Nature of the metal ion requirement for assembly and function of the first component of human complement.

Abstract

The first component of human complement (C1) was reconstituted from equimolar concentrations of its purified subunits C1q, C1r, and C1s, in the presence of each of nine different metal ions for the purpose of studying the qualitative and quantitative nature of the metal ion requirement for C1 assembly and function. For C1 reconstituted with each metal ion, three assays characteristic of C1 were performed as follows: (1) spontaneous C1 activation in the absence of the regulatory protein C1-inhibitor was assessed by sodium dodecyl sulfate-polyacrylamide gel electrophoresis analysis by simultaneously quantifying the specific proteolysis of the C1r and C1s subunits; (2) C1 activation induced by aggregated IgG in the presence of C1 inhibitor was similarly analyzed by sodium dodecyl sulfate-polyacrylamide gel electrophoresis; and (3) formation of 16 S macromolecular C1 was determined in the analytical ultracentrifuge. For all experiments, trace metal contaminants were removed from buffers and proteins. All divalent cations tested from the first transition period of the periodic table (i.e. Ca2+, Mn2+, Co2+, Ni2+, and Zn2+) effectively mediated the formation of functional macromolecular C1. Dose curves showed maximal C1 assembly and activation at ion concentrations of 30 to 50 microM for each of the above metal ions. However, when ion concentrations were increased above 50 microM, C1 assembly and activation became inhibited. The further to the right in the periodic table, the better inhibitor was the metal ion. Competition experiments indicated that the ion binding sites mediating inhibition are distinct from those promoting activation.

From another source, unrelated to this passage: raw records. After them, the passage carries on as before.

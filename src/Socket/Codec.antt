-- ===== src/Socket/Codec.antt =====
-- Numbers in network byte order, and the conversions between `int` and `unsigned`.
use log4cplus.Common.{
  ℕ, zero, suc, ◌+◌, ◌-◌, ◌*◌, ◌/◌, ◌%◌, ◌^◌, ◌<◌, ◌≡◌, refl, List, [], ◌∷◌, ◌++◌, length, arith,
  ltb, if◌then◌else◌, ℤ, pos, negsuc, length-append,
}

-- `htons` and `htonl`, stored: the most significant byte first.
unfoldable pub be_bytes : ℕ → ℕ → List ℕ
be_bytes zero v = []
be_bytes (suc n) v = be_bytes n (v / 256) ++ v % 256 ∷ []

-- `ntohs` and `ntohl` of the bytes.
unfoldable pub be_value : ℕ → List ℕ → ℕ
be_value acc [] = acc
be_value acc (x ∷ xs) = be_value (acc * 256 + x) xs

unfoldable pub u32_of_int : ℤ → ℕ
u32_of_int (pos n) = n % 2 ^ 32
u32_of_int (negsuc n) = 2 ^ 32 - 1 - n % 2 ^ 32

unfoldable pub int_of_u32 : ℕ → ℤ
int_of_u32 n = if ltb n (2 ^ 31) then pos n else negsuc (2 ^ 32 - 1 - n)

-- The range of `int`.
abbrev pub IsInt : ℤ → Type 0
IsInt (pos n) = n < 2 ^ 31
IsInt (negsuc n) = n < 2 ^ 31

pub int_of_u32-u32_of_int : (i : ℤ) → IsInt i → int_of_u32 (u32_of_int i) ≡ i
unfolding int_of_u32 u32_of_int
int_of_u32-u32_of_int (pos n) h = ground arith
int_of_u32-u32_of_int (negsuc n) h = ground arith

pub u32_of_int-lt : (i : ℤ) → u32_of_int i < 2 ^ 32
unfolding u32_of_int
u32_of_int-lt (pos n) = omega arith
u32_of_int-lt (negsuc n) = omega arith

pub length-be_bytes : (n v : ℕ) → length (be_bytes n v) ≡ n
unfolding be_bytes
length-be_bytes zero v = refl
length-be_bytes (suc n) v =
    omega (arith, length-append (be_bytes n (v / 256)) (v % 256 ∷ []), length-be_bytes n (v / 256))

be_value-append :
    (acc x : ℕ) (xs : List ℕ) → be_value acc (xs ++ x ∷ []) ≡ be_value acc xs * 256 + x
unfolding be_value
be_value-append acc x [] = refl
be_value-append acc x (y ∷ xs) = be_value-append (acc * 256 + y) x xs

-- What is written in one byte and in four is read back.
pub be_value-byte : (v : ℕ) → v < 256 → be_value 0 (be_bytes 1 v) ≡ v
unfolding be_value be_bytes
be_value-byte v h = omega arith

pub be_value-int : (v : ℕ) → v < 2 ^ 32 → be_value 0 (be_bytes 4 v) ≡ v
unfolding be_value be_bytes
be_value-int v h = omega arith
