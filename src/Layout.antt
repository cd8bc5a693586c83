-- ===== src/Layout.antt =====
-- src/patternlayout.cxx: the width of a formatted field.
pub mod Width
pub mod Converter
pub mod Parser
pub mod Literals
pub mod Precision
pub mod Depth
pub mod Fixed
use log4cplus.Common.{
  ℕ, ◌+◌, ◌-◌, ◌*◌, ◌^◌, ◌%◌, Bool, true, false, not, List, [], ◌∷◌, ◌++◌, Text, length, take, drop,
  replicate, ltb, ℤ, pos, negsuc, leb_ℤ, if◌then◌else◌,
}
use log4cplus.Socket.Codec.{int_of_u32}

pub record FormattingInfo : Type 0 where
  pub min_len : ℤ
  pub max_len : ℕ
  pub left_align : Bool
  pub trim_start : Bool

-- `FormattingInfo::reset`
abbrev pub reset : FormattingInfo
reset = record { min_len = negsuc 0; max_len = 2 ^ 64 - 1; left_align = false; trim_start = true }

-- Writing a string with a field width, filled with spaces.
abbrev pub padded : Bool → ℕ → Text → Text
padded left_align width s =
    if left_align
    then s ++ replicate (width - length s) 32
    else replicate (width - length s) 32 ++ s

abbrev pub width_of : ℤ → ℕ
width_of (pos n) = n
width_of (negsuc n) = 0

-- `PatternConverter::formatAndAppend`: what is written for the converted string.
unfoldable pub format_and_append : FormattingInfo → Text → Text
format_and_append info s =
    let len = length s in
    if ltb info.max_len len
    then if info.trim_start then drop (len - info.max_len) s else take info.max_len s
    else if not (leb_ℤ info.min_len (int_of_u32 (len % 2 ^ 32)))
    then padded info.left_align (width_of info.min_len) s
    else s
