-- ===== src/Layout/Converter.antt =====
-- src/patternlayout.cxx: the converters of a pattern layout, each with what it writes for an event.
--
-- `Surroundings` holds what converters take from elsewhere: the translators of level names, the
-- process, the environment, the formatting of a time stamp (by the repository's `getFormattedTime`
-- and `formatRelativeTimestamp`, which are not modelled). A position in a text is a 64-bit number
-- that wraps around, and `npos` is the greatest.
use log4cplus.Common.{
  ℕ, zero, suc, ◌+◌, ◌-◌, ◌^◌, ◌%◌, Bool, ◌&&◌, Option, none, some, List, [], ◌∷◌, ◌++◌, Text,
  codes, is_empty, length, take, drop, ℤ, pos, negsuc, eq_ℤ, leb, ◌==◌, if◌then◌else◌,
}
use log4cplus.Common.Map.{Map}
use log4cplus.Event.{LoggingEvent, get_mdc}
use log4cplus.Layout.{FormattingInfo, reset, format_and_append}
use log4cplus.LogLevel.{Translator, to_string}
use log4cplus.StringHelper.{convert_integer_to_string}

pub data BasicType : Type 0 where
  thread_converter : BasicType
  thread2_converter : BasicType
  process_converter : BasicType
  loglevel_converter : BasicType
  ndc_converter : BasicType
  message_converter : BasicType
  newline_converter : BasicType
  basename_converter : BasicType
  file_converter : BasicType
  line_converter : BasicType
  full_location_converter : BasicType
  function_converter : BasicType

-- The converters, by their classes; `hostname` holds the name that it was made with.
pub data Converter : Type 0 where
  literal : Text → Converter
  basic : FormattingInfo → BasicType → Converter
  logger : FormattingInfo → ℤ → Converter
  date : FormattingInfo → Text → Bool → Converter
  env : FormattingInfo → Text → Converter
  relative_timestamp : FormattingInfo → Converter
  hostname : FormattingInfo → Text → Converter
  mdc : FormattingInfo → Text → Converter
  ndc : FormattingInfo → ℤ → Converter

pub record Surroundings : Type 0 where
  pub translators : List Translator
  pub process_id : ℕ
  pub get_env_var : Text → Option Text
  pub format_time : Text → LoggingEvent → Bool → Text
  pub format_relative : LoggingEvent → Text

abbrev pub npos : ℕ
npos = 2 ^ 64 - 1

-- One less, in 64 bits.
abbrev pub before : ℕ → ℕ
before n = (n + npos) % 2 ^ 64

-- `rfind (c, p)`: the last c at a position of at most p. The text starts at position i.
unfoldable pub rfind : ℕ → ℕ → ℕ → Text → Option ℕ → Option ℕ
rfind c p i [] found = found
rfind c p i (x ∷ s) found = rfind c p (suc i) s (if leb i p && x == c then some i else found)

-- `find (c, p)`: the first c at a position of at least p.
unfoldable pub find_from : ℕ → ℕ → ℕ → Text → Option ℕ
find_from c p i [] = none
find_from c p i (x ∷ s) =
    let rest = find_from c p (suc i) s in if leb p i && x == c then some i else rest

unfoldable pub get_basename : Text → Text
unfolding rfind
get_basename filename = elim (rfind b'/' npos 0 filename none) [
  | none ↦ filename
  | some p ↦ drop (p + 1) filename
]

-- `BasicPatternConverter::convert`
unfoldable pub convert_basic : Surroundings → LoggingEvent → BasicType → Text
unfolding get_basename to_string convert_integer_to_string
convert_basic around ev thread_converter = ev.thread
convert_basic around ev thread2_converter = ev.thread2
convert_basic around ev process_converter = convert_integer_to_string 32 (pos around.process_id)
convert_basic around ev loglevel_converter = to_string around.translators ev.ll
convert_basic around ev ndc_converter = ev.ndc
convert_basic around ev message_converter = ev.message
convert_basic around ev newline_converter = 10 ∷ []
convert_basic around ev basename_converter = get_basename ev.file
convert_basic around ev file_converter = ev.file
convert_basic around ev line_converter =
    if eq_ℤ ev.line (negsuc 0) then [] else convert_integer_to_string 32 ev.line
convert_basic around ev full_location_converter =
    if is_empty ev.file
    then codes ":"
    else ev.file ++ (codes ":" ++ convert_integer_to_string 32 ev.line)
convert_basic around ev function_converter = ev.function

-- The loop of `LoggerPatternConverter::convert`.
unfoldable pub logger_loop : Text → ℕ → ℕ → Text
unfolding rfind
logger_loop name zero end = drop (end + 1) name
logger_loop name (suc i) end = elim (rfind b'.' (before end) 0 name none) [
  | none ↦ name
  | some end' ↦ logger_loop name i end'
]

unfoldable pub convert_logger : ℤ → Text → Text
unfolding logger_loop
convert_logger (negsuc n) name = name
convert_logger (pos zero) name = name
convert_logger (pos (suc n)) name = logger_loop name (suc n) (before (length name))

unfoldable pub convert_mdc_copy : Map Text → Text
convert_mdc_copy [] = []
convert_mdc_copy ((name, value) ∷ entries) =
    codes "{" ++ (name ++ (codes ", " ++ (value ++ (codes "}" ++ convert_mdc_copy entries))))

-- The loop of `NDCPatternConverter::convert`, with its remaining rounds.
unfoldable pub ndc_loop : Text → ℕ → Option ℕ → Text
unfolding find_from
ndc_loop text rounds none = text
ndc_loop text zero (some p) = take p text
ndc_loop text (suc rounds) (some p) = ndc_loop text rounds (find_from b' ' (p + 1) 0 text)

unfoldable pub convert_ndc : ℤ → Text → Text
unfolding ndc_loop find_from
convert_ndc (negsuc n) text = text
convert_ndc (pos zero) text = text
convert_ndc (pos (suc n)) text = ndc_loop text n (find_from b' ' 0 0 text)

unfoldable pub convert : Surroundings → LoggingEvent → Converter → Text
unfolding convert_basic convert_logger convert_mdc_copy convert_ndc get_mdc
convert around ev (literal str) = str
convert around ev (basic info type) = convert_basic around ev type
convert around ev (logger info precision) = convert_logger precision ev.logger_name
convert around ev (date info format use_gmtime) = around.format_time format ev use_gmtime
convert around ev (env info key) = elim (around.get_env_var key) [ none ↦ [] | some value ↦ value ]
convert around ev (relative_timestamp info) = around.format_relative ev
convert around ev (hostname info name) = name
convert around ev (mdc info key) = if is_empty key then convert_mdc_copy ev.mdc else get_mdc ev key
convert around ev (ndc info precision) = convert_ndc precision ev.ndc

abbrev pub info_of : Converter → FormattingInfo
info_of (literal str) = reset
info_of (basic info type) = info
info_of (logger info precision) = info
info_of (date info format use_gmtime) = info
info_of (env info key) = info
info_of (relative_timestamp info) = info
info_of (hostname info name) = info
info_of (mdc info key) = info
info_of (ndc info precision) = info

-- `PatternLayout::formatAndAppend`: what the converters write, one after the other.
unfoldable pub format_event : Surroundings → LoggingEvent → List Converter → Text
unfolding convert format_and_append
format_event around ev [] = []
format_event around ev (pc ∷ converters) =
    format_and_append (info_of pc) (convert around ev pc) ++ format_event around ev converters
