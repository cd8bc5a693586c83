-- ===== src/Layout/Depth.antt =====
-- The depth of nested contexts that a pattern writes.
use mathlib.Core.List.{append-nil, append_assoc}
use log4cplus.Common.{
  ℕ, zero, suc, ◌+◌, ◌≤◌, ◌≡◌, refl, sym, ap, ◌∙◌, none, some, List, [], ◌∷◌, ◌++◌, Text, codes,
  length, length-append, take, take-length_append, All, pos, arith,
}
use log4cplus.Layout.Converter.{find_from, ndc_loop, convert_ndc}
use log4cplus.Property.Cuts.{Lacks}
use log4cplus.StringHelper.{join}
use log4cplus.StringHelper.Tokens.{separated, join-separated}

abbrev pub IsMessages : List Text → Type 0
IsMessages ws = All (Lacks b' ') ws

find_from-before :
    (c p i : ℕ) (s t : Text)
    → i + length s ≤ p
    → find_from c p i (s ++ t) ≡ find_from c p (i + length s) t
unfolding find_from
find_from-before c p i [] t h =
    let same : i ≡ i + 0 = omega arith in ap (λ j. find_from c p j t) same
find_from-before c p i (x ∷ s) t h =
    let same : suc i + length s ≡ i + suc (length s) = omega arith in
    ground (
      arith,
      h,
      find_from-before c p (suc i) s t (omega (arith, h)),
      ap (λ j. find_from c p j t) same,
    )

find_from-none : (c p i : ℕ) (w : Text) → Lacks c w → find_from c p i w ≡ none
unfolding find_from
find_from-none c p i [] l = refl
find_from-none c p i (x ∷ w) (h, l) = ground (arith, h, find_from-none c p (suc i) w l)

find_from-hit :
    (c p i : ℕ) (w t : Text)
    → Lacks c w
    → p ≤ i
    → find_from c p i (w ++ (c ∷ t)) ≡ some (i + length w)
unfolding find_from
find_from-hit c p i [] t l h = let same : i ≡ i + 0 = omega arith in ground (arith, h, same)
find_from-hit c p i (x ∷ w) t (g, l) h =
    let same : suc i + length w ≡ i + suc (length w) = omega arith in
    ground (arith, h, g, find_from-hit c p (suc i) w t l (omega (arith, h)), same)

join-cons :
    (sep w v : Text) (vs : List Text) → join sep (w ∷ v ∷ vs) ≡ w ++ (sep ++ join sep (v ∷ vs))
unfolding separated
join-cons sep w v vs =
    join-separated sep (v ∷ vs) w ∙ ap (λ s. w ++ (sep ++ s)) (sym (join-separated sep vs v))

join-one : (sep w : Text) → join sep (w ∷ []) ≡ w
unfolding separated
join-one sep w = join-separated sep [] w ∙ append-nil w

take-nil : (n : ℕ) → take {A = Text} n [] ≡ []
take-nil zero = refl
take-nil (suc n) = refl

-- A space behind the part of the text that is done and a word.
found_space :
    (pre w rest : Text)
    → Lacks b' ' w
    → find_from b' ' (length pre) 0 (pre ++ (w ++ (b' ' ∷ rest))) ≡ some (length pre + length w)
found_space pre w rest l =
    find_from-before b' ' (length pre) 0 pre (w ++ (b' ' ∷ rest)) (omega arith)
    ∙ find_from-hit b' ' (length pre) (0 + length pre) w rest l (omega arith)
    ∙ ap some (let same : 0 + length pre + length w ≡ length pre + length w = omega arith in same)

take-word : (pre w rest : Text) → take (length pre + length w) (pre ++ (w ++ rest)) ≡ pre ++ w
take-word pre w rest =
    ap (λ k. take k (pre ++ (w ++ rest))) (sym (length-append pre w))
    ∙ ap (take (length (pre ++ w))) (sym (append_assoc pre w rest))
    ∙ take-length_append (pre ++ w) rest

ndc_loop-none : (text : Text) (n : ℕ) → ndc_loop text n none ≡ text
unfolding ndc_loop
ndc_loop-none text zero = refl
ndc_loop-none text (suc n) = refl

ndc_loop-zero : (text : Text) (p : ℕ) → ndc_loop text zero (some p) ≡ take p text
unfolding ndc_loop
ndc_loop-zero text p = refl

ndc_loop-suc :
    (text : Text) (n p : ℕ)
    → ndc_loop text (suc n) (some p) ≡ ndc_loop text n (find_from b' ' (p + 1) 0 text)
unfolding ndc_loop
ndc_loop-suc text n p = refl

-- The loop behind a part of the text that is done.
ndc_loop-join :
    (n : ℕ) (pre w : Text) (ws : List Text)
    → IsMessages (w ∷ ws)
    → ndc_loop
        (pre ++ join (codes " ") (w ∷ ws))
        n
        (find_from b' ' (length pre) 0 (pre ++ join (codes " ") (w ∷ ws)))
      ≡ pre ++ join (codes " ") (take (suc n) (w ∷ ws))
ndc_loop-join n pre w [] (l, ls) =
    ap (λ s. ndc_loop (pre ++ s) n (find_from b' ' (length pre) 0 (pre ++ s)))
      (join-one (codes " ") w)
    ∙ ap (ndc_loop (pre ++ w) n) (
        find_from-before b' ' (length pre) 0 pre w (omega arith)
        ∙ find_from-none b' ' (length pre) (0 + length pre) w l)
    ∙ ndc_loop-none (pre ++ w) n
    ∙ ap (λ s. pre ++ s) (sym (join-one (codes " ") w))
    ∙ ap (λ vs. pre ++ join (codes " ") (w ∷ vs)) (sym (take-nil n))
ndc_loop-join zero pre w (v ∷ vs) (l, ls) =
    let rest = join (codes " ") (v ∷ vs) in
    let text = pre ++ (w ++ (b' ' ∷ rest)) in
    ap (λ s. ndc_loop (pre ++ s) zero (find_from b' ' (length pre) 0 (pre ++ s)))
      (join-cons (codes " ") w v vs)
    ∙ ap (ndc_loop text zero) (found_space pre w rest l)
    ∙ ndc_loop-zero text (length pre + length w)
    ∙ take-word pre w (b' ' ∷ rest)
    ∙ ap (λ s. pre ++ s) (sym (join-one (codes " ") w))
ndc_loop-join (suc n) pre w (v ∷ vs) (l, ls) =
    let rest = join (codes " ") (v ∷ vs) in
    let text = pre ++ (w ++ (b' ' ∷ rest)) in
    let pre' = pre ++ (w ++ (b' ' ∷ [])) in
    let same : pre' ++ rest ≡ text =
      append_assoc pre (w ++ (b' ' ∷ [])) rest
      ∙ ap (λ s. pre ++ s) (append_assoc w (b' ' ∷ []) rest) in
    let next : length pre' ≡ length pre + length w + 1 =
      omega (arith, length-append pre (w ++ (b' ' ∷ [])), length-append w (b' ' ∷ [])) in
    ap (λ s. ndc_loop (pre ++ s) (suc n) (find_from b' ' (length pre) 0 (pre ++ s)))
      (join-cons (codes " ") w v vs)
    ∙ ap (ndc_loop text (suc n)) (found_space pre w rest l)
    ∙ ndc_loop-suc text n (length pre + length w)
    ∙ ap (λ k. ndc_loop text n (find_from b' ' k 0 text)) (sym next)
    ∙ ap (λ s. ndc_loop s n (find_from b' ' (length pre') 0 s)) (sym same)
    ∙ ndc_loop-join n pre' v vs ls
    ∙ append_assoc pre (w ++ (b' ' ∷ [])) (join (codes " ") (v ∷ take n vs))
    ∙ ap (λ s. pre ++ s)
        (append_assoc w (b' ' ∷ []) (join (codes " ") (v ∷ take n vs))
          ∙ sym (join-cons (codes " ") w v (take n vs)))

-- The converter for nested contexts with a depth of n + 1 writes the first n + 1 messages of an
-- event, or all of them if there are fewer. Messages have no spaces.
pub convert_ndc-join :
    (n : ℕ) (w : Text) (ws : List Text)
    → IsMessages (w ∷ ws)
    → convert_ndc (pos (suc n)) (join (codes " ") (w ∷ ws))
      ≡ join (codes " ") (take (suc n) (w ∷ ws))
unfolding convert_ndc
convert_ndc-join n w ws l = ndc_loop-join n [] w ws l
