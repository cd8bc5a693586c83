-- ===== src/Layout/Fixed.antt =====
-- src/layout.cxx: the simple layout and the TTCC layout.
--
-- As in the pattern layout, the formatting of time stamps is a parameter.
pub mod AsPatterns
use log4cplus.Common.{
  Bool, true, false, Option, none, some, List, [], ◌∷◌, ◌++◌, Text, codes, is_empty, if◌then◌else◌,
}
use log4cplus.Event.{LoggingEvent}
use log4cplus.Layout.Converter.{Surroundings}
use log4cplus.LogLevel.{to_string}
use log4cplus.Property.{Properties, get_property_or}

-- `SimpleLayout::formatAndAppend`
unfoldable pub format_simple : Surroundings → LoggingEvent → Text
unfolding to_string
format_simple around ev =
    to_string around.translators ev.ll ++ (codes " - " ++ (ev.message ++ (10 ∷ [])))

pub record TtccLayout : Type 0 where
  pub date_format : Text
  pub use_gmtime : Bool
  pub thread_printing : Bool
  pub category_prefixing : Bool
  pub context_printing : Bool

abbrev value_or : Bool → Option Bool → Bool
value_or old none = old
value_or old (some new) = new

-- The constructor from properties; `read_bool` is `getBool`.
unfoldable pub ttcc_layout : (Text → Properties → Option Bool) → Properties → TtccLayout
unfolding get_property_or
ttcc_layout read_bool props = record {
  date_format = get_property_or (codes "DateFormat") [] props;
  use_gmtime = value_or false (read_bool (codes "Use_gmtime") props);
  thread_printing = value_or true (read_bool (codes "ThreadPrinting") props);
  category_prefixing = value_or true (read_bool (codes "CategoryPrefixing") props);
  context_printing = value_or true (read_bool (codes "ContextPrinting") props);
}

-- `TTCCLayout::formatAndAppend`, from the context on, from the category on and from the thread on.
unfoldable pub format_context : TtccLayout → LoggingEvent → Text
format_context layout ev =
    (if layout.context_printing then codes "<" ++ (ev.ndc ++ codes "> ") else [])
    ++ (codes "- " ++ (ev.message ++ (10 ∷ [])))

unfoldable pub format_category : TtccLayout → LoggingEvent → Text
unfolding format_context
format_category layout ev =
    (if layout.category_prefixing then ev.logger_name ++ codes " " else [])
    ++ format_context layout ev

unfoldable pub format_thread : Surroundings → TtccLayout → LoggingEvent → Text
unfolding format_category to_string
format_thread around layout ev =
    (if layout.thread_printing then codes " [" ++ (ev.thread ++ codes "] ") else codes " ")
    ++ (to_string around.translators ev.ll ++ (codes " " ++ format_category layout ev))

unfoldable pub format_ttcc : Surroundings → TtccLayout → LoggingEvent → Text
unfolding format_thread
format_ttcc around layout ev =
    (if is_empty layout.date_format
      then around.format_relative ev
      else around.format_time layout.date_format ev layout.use_gmtime)
    ++ format_thread around layout ev
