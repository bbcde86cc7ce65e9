-- ===== src/ByteArray/Offset.antt =====
-- src/bytearray.cpp, setOffset: where it puts the cursor.
use native.Mathlib.Nat.{div-eq_of_lt, div-add-mod'}
use tigerkin.Prelude.{
  ℕ, zero, suc, ◌+◌, ◌-◌, ◌*◌, ◌/◌, ◌%◌, ◌^◌, ◌≤◌, ◌<◌, ◌≡◌, ◌⊎◌, inl, inr, false, arith, length,
  ltb, le→ltb, ◌==◌, if◌then◌else◌,
}
use tigerkin.ByteArray.{ByteArray, returns, throws, set_offset, walk}
use tigerkin.ByteArray.Invariant.{IsValid}

-- The array that setOffset leaves.
abbrev pub moved : ℕ → ByteArray → ByteArray
moved offset b = record b {
  size = if ltb b.size offset then offset else b.size;
  cur = walk (offset / b.base_size);
  offset = offset;
}

mul-le_cancel : (q n base : ℕ) → 0 < base → q * base ≤ n * base → q ≤ n
mul-le_cancel q n base p h = grind arith

-- Within the capacity setOffset returns; the offset is the new one, and the size covers it.
pub set_offset_lem :
    (offset : ℕ) (b : ByteArray)
    → IsValid b
    → offset ≤ b.capacity
    → set_offset offset b ≡ returns tt (moved offset b)
unfolding set_offset
set_offset_lem offset b v le =
    let q = offset / b.base_size in
    let below : q ≤ length b.nodes =
      mul-le_cancel q (length b.nodes) b.base_size v.base_pos
        (omega (arith, div-add-mod' offset b.base_size, v.filled)) in
    let inside : ltb b.capacity offset ≡ false = le→ltb _ _ le in
    let nonzero : (b.base_size == 0) ≡ false = ground (arith, v.base_pos) in
    let reached : ltb (length b.nodes) (walk q) ≡ false = le→ltb _ _ (omega (arith, below)) in
    rw inside (rw nonzero (rw reached))

-- Past the capacity it throws, and leaves the array as it was.
pub set_offset_throws :
    (offset : ℕ) (b : ByteArray) → b.capacity < offset → set_offset offset b ≡ throws b
unfolding set_offset
set_offset_throws offset b lt = ground arith

walk_bounds :
    (q base offset : ℕ)
    → 0 < base
    → q * base ≡ offset
    → (((offset ≡ 0) × (walk q ≡ 0)) ⊎ (walk q * base < offset)) × (offset ≤ (walk q + 1) * base)
walk_bounds zero base offset p e = (inl (omega arith, omega arith), omega arith)
walk_bounds (suc q) base offset p e =
    let back : suc q - 1 ≡ q = omega arith in rw back (inr (omega arith), omega arith)

-- In the first node, or at the end of a node, the cursor is right.
pub moved-IsValid :
    (offset : ℕ) (b : ByteArray)
    → IsValid b
    → offset ≤ b.capacity
    → offset < 2 ^ 64
    → (offset < b.base_size) ⊎ (offset % b.base_size ≡ 0)
    → IsValid (moved offset b)
moved-IsValid offset b v le fits (inl lt) =
    let q : offset / b.base_size ≡ 0 = div-eq_of_lt lt in
    record {
      base_pos = v.base_pos;
      chunked = v.chunked;
      filled = v.filled;
      within = ground arith;
      room = ground (arith, v.room);
      fits = ground (arith, v.fits);
      behind = ground (arith, q);
      ahead = omega (arith, q);
    }
moved-IsValid offset b v le fits (inr e) =
    let bounds =
      walk_bounds (offset / b.base_size) b.base_size offset v.base_pos
        (omega (arith, div-add-mod' offset b.base_size)) in
    record {
      base_pos = v.base_pos;
      chunked = v.chunked;
      filled = v.filled;
      within = ground arith;
      room = ground (arith, v.room);
      fits = ground (arith, v.fits);
      behind = bounds.0;
      ahead = bounds.1;
    }

-- In a valid array setOffset to a place below 2^64 within the capacity, in the first node or at
-- the end of a node, returns, and leaves a valid array with that offset, whose size covers it.
pub set_offset-IsValid :
    (offset : ℕ) (b : ByteArray)
    → IsValid b
    → offset ≤ b.capacity
    → offset < 2 ^ 64
    → (offset < b.base_size) ⊎ (offset % b.base_size ≡ 0)
    → (set_offset offset b ≡ returns tt (moved offset b)) × IsValid (moved offset b)
set_offset-IsValid offset b v le fits place =
    (set_offset_lem offset b v le, moved-IsValid offset b v le fits place)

Other metal ions that also effectively mediated C1 assembly and function were Cd2+ and Tb3+; however, Mg2+ and Ba2+ were ineffective. All metal ions that mediated C1 assembly and activation also promoted C2 consumption by C1 in normal human serum treated with aggregated IgG. In conclusion, the assembly and function of C1 can be mediated by numerous metal ions. In direct opposition to accepted theory, there is no specific requirement for calcium.